Никакие доводы разума не действовали. Я прекрасно понимал, что между нами в любом случае лежит бездна, и даже встреться мы при других обстоятельствах, я не имел права думать о ней в подобном ключе. Что уж говорить о нынешней ситуации?

Заложник Чести, да ещё почётный пленник — это категории возвышенные, непогрешимые как сама Честь, её высшее воплощение на просторах Вселенной. Мы должны были относиться к ней с пиететом и преклонением. Люди слабы; команда состояла из мужчин, и все смотрели на неё как на обыкновенную юную девушку, но тщательно боролись со своими стереотипами, и предпочитали держаться от неё на почтительном расстоянии.

Я же не просто не воспринимал её как Заложника Чести, я желал её как обычную женщину. Впрочем, нет, не обычную; я никогда прежде не думал, что вожделение может быть настолько сильным, навязчивым и приносящим столько муки. Презирал себя за это, почти ненавидел, но ничего не мог поделать.
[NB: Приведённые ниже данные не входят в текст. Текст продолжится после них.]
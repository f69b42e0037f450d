-- ===== src/Service/Hybrid.antt =====
-- application/service.go: `HybridSearch`, which fuses the lexical and the vector hits of one vault.
pub mod Laws
use para_mcp.Prelude.{
  ℕ, zero, suc, ◌≡◌, ◌≤◌, refl, Bool, true, false, not, ◌&&◌, Option, none, some, List, [], ◌∷◌,
  ◌++◌, ltb, leb, any, map, length, take, ◌*◌, if◌then◌else◌, All, All-append, All-take, All-imp,
  arith, Bool-cases, inl, inr, length-take-le,
}
use para_mcp.Prelude.Int.{ℤ, pos, negsuc}
use para_mcp.Prelude.Sort.{sort}
use para_mcp.Prelude.Text.{Text, Unicode, same}
use para_mcp.Domain.Results.{Result, ok, err, ◌>>=◌}
use para_mcp.Domain.Entities.{
  ScopeId, Note, NoteRef, NoteSummary, AuthFilter, RankedNote, Score, summary,
}
use para_mcp.Service.{Service, Searcher, SemanticOptions, VectorHit, other_mode, check_scopes}

-- The arithmetic of the fused scores: the sum, and what a rank adds in either list.
pub record Fusion : Type 0 where
  pub add : Score → Score → Score
  pub lexical : ℕ → Score
  pub semantic : ℕ → Score

-- the local type `fused`
pub record Fused : Type 0 where
  pub ref : NoteRef
  pub summary : NoteSummary
  pub score : Score

abbrev pub same_ref : NoteRef → NoteRef → Bool
same_ref a b = same a.scope b.scope && same a.path b.path

abbrev pub is_fused : NoteRef → List Fused → Bool
is_fused ref l = any (λ f. same_ref f.ref ref) l

abbrev pub limit_of : ℤ → ℕ
limit_of (negsuc n) = 10
limit_of (pos zero) = 10
limit_of (pos (suc n)) = suc n

abbrev pub ranked_before : RankedNote → RankedNote → Bool
ranked_before a b = leb b.score a.score

module _ (fu : Fusion) where
  -- `f.score +=` at the entry of a reference
  unfoldable pub bump : NoteRef → Score → List Fused → List Fused
  bump ref x [] = []
  bump ref x (f ∷ l) =
      let rest = bump ref x l in
      if same_ref f.ref ref then record f { score = fu.add f.score x } ∷ l else f ∷ rest

  -- a new entry, with its first score
  abbrev pub new_entry : NoteRef → NoteSummary → Score → List Fused → List Fused
  new_entry ref s x l = l ++ record { ref = ref; summary = s; score = fu.add 0 x } ∷ []

  -- the loop over the lexical hits, from rank `i`
  unfoldable pub fuse_lexical : ℕ → List RankedNote → List Fused → List Fused
  unfolding bump
  fuse_lexical i [] l = l
  fuse_lexical i (n ∷ ns) l = fuse_lexical (suc i) ns (
      if is_fused n.summary.ref l
      then bump n.summary.ref (fu.lexical i) l
      else new_entry n.summary.ref n.summary (fu.lexical i) l)

-- a search that fails finds nothing
abbrev pub or_no_hits : {A : Type 0} → Result (List A) → List A
or_no_hits (err e) = []
or_no_hits (ok l) = l

abbrev pub to_ranked : Fused → RankedNote
to_ranked f = record { summary = f.summary; score = f.score; body = [] }

module _ (u : Unicode) (fu : Fusion) where
  -- a hit of a note that is not there adds nothing
  abbrev pub fetched : NoteRef → Score → Result Note → List Fused → List Fused
  fetched ref x (err e) l = l
  fetched ref x (ok note) l = new_entry fu ref (summary u note) x l

module _ (u : Unicode) (nfc : Text → Text) {W : Type 0} (fu : Fusion) where
  -- the loop over the vector hits
  unfoldable pub fuse_semantic : Service W → W → ℕ → List VectorHit → List Fused → List Fused
  unfolding bump
  fuse_semantic s w i [] l = l
  fuse_semantic s w i (h ∷ hs) l = fuse_semantic s w (suc i) hs (
      if is_fused h.ref l
      then bump fu h.ref (fu.semantic i) l
      else fetched u fu h.ref (fu.semantic i) (s.vault.get w h.ref.path) l)

  abbrev pub vector_hits : Option (Searcher W) → W → Text → AuthFilter → ℕ → List VectorHit
  vector_hits none w text f n = []
  vector_hits (some find) w text f n =
      or_no_hits
        (find w text f (record { limit = pos n; threshold = 0; body_mode = other_mode [] }))

  -- both searches and both loops; `limit` is the number of results
  unfoldable pub fused_hits : Service W → W → Text → AuthFilter → ℕ → List Fused
  unfolding fuse_lexical fuse_semantic
  fused_hits s w text f limit =
      fuse_semantic s w 0 (vector_hits s.searcher w text f (limit * 4))
        (fuse_lexical fu 0 (or_no_hits (s.vault.search w text f.filter (pos (limit * 4)))) [])

  -- `HybridSearch`; `arrange` is the order in which the map is iterated
  unfoldable pub hybrid_search :
      (List Fused → List Fused) → Service W → W → Text → AuthFilter → ℤ → Result (List RankedNote)
  unfolding fused_hits check_scopes
  hybrid_search arrange s w text f limit = do
    allowed ← check_scopes u nfc s f.allowed_scopes
    if allowed
        then ok (
            take (limit_of limit) (
              sort ranked_before
                (map to_ranked (arrange (fused_hits s w text f (limit_of limit))))))
        else ok []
Когда мы приближались к точке выхода из последнего прыжка, я заставлял себя думать только о нём. Там, на Доре, я смогу растворить удивительно ярко отпечатавшийся в сознании образ в потоках эмоций миллионов других людей, а физическое напряжение можно снять визитом к Дарящим. Попробовать снять: я не был уверен, что они помогут. Во всяком случае, зазорное для нормального мужчины, но иногда единственно доступное самоудовлетворение не то что не помогало, а делало только хуже. Потому что в такие моменты я тоже думал о ней, разрядка давала лишь кратковременное облегчение, а после этого прежние ощущения возвращались с новой силой и даже как будто на градус сильнее.

Окончательно дезориентированный в реальности, я повторно провалился в прежнюю яму. Зачем, во имя Чести, я вошёл в её каюту?!

Наверное, я бы справился. И ничего непоправимого бы не произошло, но… девочка совершенно не имела представления, с кем имеет дело. И очень некстати дотронулась до меня, в самый неподходящий момент. А потом я машинально поймал её взгляд, и мои собственные эмоции хлынули наружу, сметая хрупкие преграды Воли.

Она даже не попыталась бороться. Окунулась в мои чувства доверчиво, сразу и полностью, как в свои собственные удивительно яркие эмоции, и эта дурная бесконечность лишила меня последних сил к сопротивлению.